(Stored items)
┄┄┄┄┄┄
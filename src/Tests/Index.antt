-- ===== src/Tests/Index.antt =====
-- The theorems about hub-index at concrete tables.
use agentenv_skills_hub.Index.Json.{manifest_value, get_field, get_text}
use agentenv_skills_hub.Index.Queries.{
  compare_versions, is_listed, join, hit_cmp, hit, compatibility_index,
}
use agentenv_skills_hub.Common.Order.Laws.{text_cmp-IsOrder}
use agentenv_skills_hub.Core.Error.{database}
use agentenv_skills_hub.Common.Text.{text}
use agentenv_skills_hub.Index.Tables.{
  update_latest, insert_skill_version, select_skill_version, upsert_skill, Db,
}
use agentenv_skills_hub.Index.Postgres.Lookup.{lookup_version}
use agentenv_skills_hub.Index.Postgres.WellFormed.{
  insert_version-IsWellFormed, IsOrderly, IsWellFormed,
}
use agentenv_skills_hub.Index.Queries.Laws.{
  compatibility_index-InOrder, InOrder, listed, HasVersion,
}
use agentenv_skills_hub.Common.Sort.{sort}
use agentenv_skills_hub.Tests.Fixtures.{request, crates, core_code}
use agentenv_skills_hub.Common.{keep, map, find, [], ◌∷◌, none, some, ok, err, ◌≡◌, refl, All}
use agentenv_skills_hub.Index.Postgres.{
  visibility_text, keep_existing, insert_new, version_row, insert_in_tx, new_record, skill_row,
  insert_version, Session, insert_row,
}
use agentenv_skills_hub.Core.Model.{CompatibilityIndex, SkillVersionRecord, public}

-- Nothing fails, and nobody else commits.
abbrev pub calm_session : Session
calm_session = record {
  now = 7;
  skill_id = 1;
  version_id = 2;
  fault = λ s. none;
  constraint = text "duplicate key value";
  row_not_found = text "no rows";
  others = λ d. d;
}

-- The insert of a version row fails.
abbrev failing_session : Session
failing_session = record calm_session {
  fault = λ s. elim s [ insert_row ↦ some (text "connection closed") | _ ↦ none ];
}

abbrev pub empty_db : Db
empty_db = record { skills = []; skill_versions = [] }

pub empty_db-IsWellFormed : IsWellFormed empty_db
empty_db-IsWellFormed = record {
  skill_ids = tt;
  skill_names = tt;
  version_ids = tt;
  version_keys = tt;
  references = tt;
}

calm_session-IsOrderly : IsOrderly calm_session
calm_session-IsOrderly = record { keys = λ d w. w; skills = λ d k h. h }

abbrev pub filled_db : Db
filled_db = record {
  skills = skill_row calm_session (text "acme") public request ∷ [];
  skill_versions = version_row calm_session 1 (text "ann") request ∷ [];
}

abbrev pub first_record : SkillVersionRecord
first_record = new_record calm_session (text "acme") request

-- Unfolds the code of hub-index and what it calls.
unfoldable pub index_code : Unit {0}
unfolding core_code find keep insert_version insert_in_tx insert_new keep_existing upsert_skill
    select_skill_version insert_skill_version update_latest lookup_version get_text get_field
    manifest_value visibility_text compatibility_index join is_listed sort hit_cmp compare_versions
index_code = tt

insert_run :
    insert_version calm_session (text "acme") public (text "ann") request empty_db
    ≡ (ok first_record, filled_db)
unfolding index_code
insert_run = refl

failing_run :
    insert_version failing_session (text "acme") public (text "ann") request empty_db
    ≡ (err (database (text "connection closed")), empty_db)
unfolding index_code
failing_run = refl

pub lookup_run :
    lookup_version (text "acme") (text "code-review") (text "1.2.0") filled_db ≡ some first_record
unfolding index_code
lookup_run = refl

pub filled_db-IsWellFormed : IsWellFormed filled_db
filled_db-IsWellFormed =
    let w =
      insert_version-IsWellFormed calm_session (text "acme") public (text "ann") request empty_db
        calm_session-IsOrderly empty_db-IsWellFormed in
    rw insert_run at w

abbrev pub first_index : CompatibilityIndex
first_index = record {
  skills =
      record {
        name = text "code-review";
        version = text "1.2.0";
        description = some (text "Review code");
        registry = text "hub";
        digest = some request.artifact.digest;
        signature_ed25519 = some (text "aa");
        public_key_ed25519 = some (text "bb");
      }
      ∷ [];
}

pub index_run :
    compatibility_index crates (λ rows. rows) calm_session filled_db (text "hub") ≡ ok first_index
unfolding index_code
index_run = refl

listed_versions : All (HasVersion crates) (map (hit (text "hub")) (listed filled_db))
unfolding index_code
listed_versions = ((text "1.2.0", refl), tt)

compatibility_index-InOrder_example : InOrder crates first_index.skills
compatibility_index-InOrder_example =
    compatibility_index-InOrder crates (λ rows. rows) calm_session filled_db (text "hub")
      first_index text_cmp-IsOrder listed_versions index_run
┄┄┄┄┄┄
What needs to be done:
As the answer, set down only the lines from the data above between the one holding "references = tt;" and the one holding "digest = some", inclusive, exactly as they read.

Solution to the problem:
  references = tt;
}

calm_session-IsOrderly : IsOrderly calm_session
calm_session-IsOrderly = record { keys = λ d w. w; skills = λ d k h. h }

abbrev pub filled_db : Db
filled_db = record {
  skills = skill_row calm_session (text "acme") public request ∷ [];
  skill_versions = version_row calm_session 1 (text "ann") request ∷ [];
}

abbrev pub first_record : SkillVersionRecord
first_record = new_record calm_session (text "acme") request

-- Unfolds the code of hub-index and what it calls.
unfoldable pub index_code : Unit {0}
unfolding core_code find keep insert_version insert_in_tx insert_new keep_existing upsert_skill
    select_skill_version insert_skill_version update_latest lookup_version get_text get_field
    manifest_value visibility_text compatibility_index join is_listed sort hit_cmp compare_versions
index_code = tt

insert_run :
    insert_version calm_session (text "acme") public (text "ann") request empty_db
    ≡ (ok first_record, filled_db)
unfolding index_code
insert_run = refl

failing_run :
    insert_version failing_session (text "acme") public (text "ann") request empty_db
    ≡ (err (database (text "connection closed")), empty_db)
unfolding index_code
failing_run = refl

pub lookup_run :
    lookup_version (text "acme") (text "code-review") (text "1.2.0") filled_db ≡ some first_record
unfolding index_code
lookup_run = refl

pub filled_db-IsWellFormed : IsWellFormed filled_db
filled_db-IsWellFormed =
    let w =
      insert_version-IsWellFormed calm_session (text "acme") public (text "ann") request empty_db
        calm_session-IsOrderly empty_db-IsWellFormed in
    rw insert_run at w

abbrev pub first_index : CompatibilityIndex
first_index = record {
  skills =
      record {
        name = text "code-review";
        version = text "1.2.0";
        description = some (text "Review code");
        registry = text "hub";
        digest = some request.artifact.digest;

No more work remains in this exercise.